◆ EXCERPTED DATA:
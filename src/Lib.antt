-- ===== src/Lib.antt =====
-- A trip archive: recorded and planned hikes and rides behind one shared password, served to a
-- browser and exported to QMapShack databases. Modelled are the parts with a logic of their own.
--
-- The export to QMapShack (src/server/qmapshack/). An exported track or waypoint is one blob: a
-- history of events, whose current one holds a chunk with a magic, a version and the compressed
-- fields. The exporter writes it with `QtWriter`; the test oracle, a strict decoder, reads it with
-- `QtReader` and accounts for every byte.
--   Qmapshack/Words, Utf16   Rust's byte orders and UTF-16, on numbers
--   Qmapshack/Crates         the crates `time`, `flate2` and `md5`, as parameters with laws
--   Qmapshack/Qtstream       src/server/qmapshack/qtstream.rs; a method of `QtWriter` is a function
--                            of the bytes so far, `▸` is one write after another
--   Qmapshack/Blob           src/server/qmapshack/blob.rs and, in Blob/Waypoint, blob/waypoint.rs
--   Qmapshack/Reader         `QtReader` of decode.rs; a read is a state passing function into
--                            `Result`, where the `anyhow` contexts are left out
--   Qmapshack/Decode         the rest of decode.rs and, in Decode/Waypoint, decode/waypoint.rs
--   Qmapshack/Carries        what it means that a read takes back what a write puts down, with a
--                            rule for each primitive and for a sequence of them
--   Qmapshack/RoundTrip      a decoder takes back what the exporter builds
--   Qmapshack/Strict         what the decoder refuses
-- The items of the target database and what a run writes to them (src/server/qmapshack/).
--   Qmapshack/Target         target.rs: `items` and `folder2item` as lists in the order of their ids,
--                            with the triggers on `trash`; Target/Reads and Target/Keeps are the
--                            lemmas on its writes
--   Qmapshack/Reconcile      `reconcile_item` of reconcile.rs, for a folder that is found
--   Qmapshack/Removal        `remove_stale_items` of reconcile.rs
--   Qmapshack/Folders        `ensure_folder_path` of target.rs and `Folders` of reconcile.rs;
--                            Folders/Found is what is at a path, Folders/Cached the memory
-- An item's blob is opaque there. A fault of the database is left out but for a key that is taken and
-- for a removal, which is counted and not fatal: a test says of which items it fails.
--
-- A float is its 64 bits, a text its scalar values. The decoder's loops take their count from the
-- stream and are recursive in it, so there is no fuel. `Vec::with_capacity` is left out.
--
-- The gate (src/server/auth.rs, src/server/session.rs). A request is a share's if its path says so
-- and is opened by that link alone; any other is the owner's if a cookie or a bearer token carries
-- a signed expiry that lies ahead, and is refused otherwise unless its route is public.
--   Text                     the methods of `str` that the gate calls, and i64 as decimal digits
--   Auth/Crates              Argon2id, HMAC-SHA256, the clock and `http`, as parameters with laws
--   Auth/Lockout, Login      `LoginFailures` and `Auth::login`; the state behind the mutex is
--                            passed on, so attempts are one after the other
--   Auth/Token               `Auth::mint`, `verify` and what they call
--   Auth/Headers             the cookie and the `Authorization` header, and `resolve`
--   Auth/Types, Gate         requests, responses and `gate`; the router `next` and the database are
--                            one state `W` that `next` changes and `resolve_share` reads
--   Gate/Safety, Strangers   who the gate runs the router for; Gate/Routes is the allowlist
--   Auth/Handlers            the handlers that sign in and out
-- An instant is its nanoseconds since 1970; `now + SESSION_TTL` past the year 9999 is not
-- modelled, and neither are the panics of `expect` on constants. A decimal number takes 20 rounds,
-- enough for 64 bits. A text's bytes are compared as its scalar values, which decide them.
--
-- The trip list's filter (src/server/filter.rs) and the closed sets (crates/types/src).
--   Types                    activity_type.rs, trip_kind.rs, komoot_privacy.rs, tag.rs and the filter
--                            of link.rs; a `match` on a text is the list of its arms
--   Filter                   the parameters of a query and `parse_filter`; Filter/Valid says what a
--                            filter promises. The arithmetic of f64, the tables of lower case and
--                            the dates of the crate `time` are the parameter `Tables`, without laws
--
-- The synchronisation with Komoot (src/server/komoot_sync.rs, komoot_sport.rs, repo/komoot.rs). A push
-- sends what is pending, a pull imports tours one by one, each in a transaction of its own.
--   Komoot/Archive           the tables `trip` and `trip_komoot_link` as lists of rows, and every
--                            statement on the latter; Archive/Trips has the writes of repo/trip.rs
--                            and repo/bulk_edit.rs that concern links, Archive/Valid the invariant
--   Komoot/Sport, Photo      komoot_sport.rs, and `resolve_photo_url` of server/komoot.rs
--   Komoot/World, Service    the state that a run passes on: the archive and whatever is outside,
--                            which each call may change and each may fail; `KomootClient`, the
--                            driver of the database and the pipelines for tracks and photos are
--                            parameters, of which a theorem names what it assumes
--   Komoot/Database          statements as such calls, and transactions
--   Komoot/Listing           the pages of a listing, on fuel: one page more than the account fills
--                            is enough
--   Komoot/Tour, Pull, Push  `sync_one_tour`; candidates, selection and backfill; edits, deletions
--   Push/Delivered           the journal of what Komoot has accepted, and that of a push
--   Komoot/Throttle          server/komoot/rate_limit.rs: the throttle's state, and a sequence of its
--                            calls as the slots and the instants at which requests are sent,
--                            which are later by what a sleep lasts too long; an Instant has no
--                            upper bound
-- Rows are read in the order in which they came, where the source names no order. What other tables
-- hold of a trip is left out, as is the search for links to propose after an import.
--
-- The access log (src/server/access_log.rs, access_log/writer.rs). A request leaves one record, with a
-- share's token blanked out, in a bounded queue; one task stores the records in batches.
--   AccessLog                the record, and `redact`; AccessLog/Redaction is what that hides
--   AccessLog/Writer         the queue and the task's loop as steps, one for each thing that can
--                            happen between two awaits; a batch is stored or lost as a whole
--   Writer/Order, Drain      what holds in every schedule; the task left to itself, with fuel for
--                            three rounds a message and two more, which is enough
--
-- The trip list of the user interface (crates/ui-dioxus/src/kinds.rs, picked.rs, date_range.rs).
--   Ui/Kinds                 the toggles, a Boolean for each, and their parameter in the address
--   Ui/Picked                the selection and the actions on it; Picked/Pairs counts what is linked
--   Ui/DateRange             the months of the date slider and its handles; the crate `time` is a
--                            parameter with laws for the years 0 to 9999
--
-- Shared are Prelude (lists, tests, integers on native numbers) and Text. Not modelled are the rest of
-- the repository's SQL, the import of GPX files, the HTTP client of Komoot, the photo pipeline,
-- the spatial queries and the rest of the user interface.
pub mod Prelude
pub mod Qmapshack
pub mod Text
pub mod Types
pub mod Filter
pub mod Komoot
pub mod Auth
pub mod AccessLog
pub mod Ui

◆ INSTRUCTIONS TO FOLLOW:
Out of the entries above, write out only the lines between the line holding "is the allowlist" and the line holding "of its arms", inclusive, each exactly as given.

◆ YOUR SOLUTION:
--   Gate/Safety, Strangers   who the gate runs the router for; Gate/Routes is the allowlist
--   Auth/Handlers            the handlers that sign in and out
-- An instant is its nanoseconds since 1970; `now + SESSION_TTL` past the year 9999 is not
-- modelled, and neither are the panics of `expect` on constants. A decimal number takes 20 rounds,
-- enough for 64 bits. A text's bytes are compared as its scalar values, which decide them.
--
-- The trip list's filter (src/server/filter.rs) and the closed sets (crates/types/src).
--   Types                    activity_type.rs, trip_kind.rs, komoot_privacy.rs, tag.rs and the filter
--                            of link.rs; a `match` on a text is the list of its arms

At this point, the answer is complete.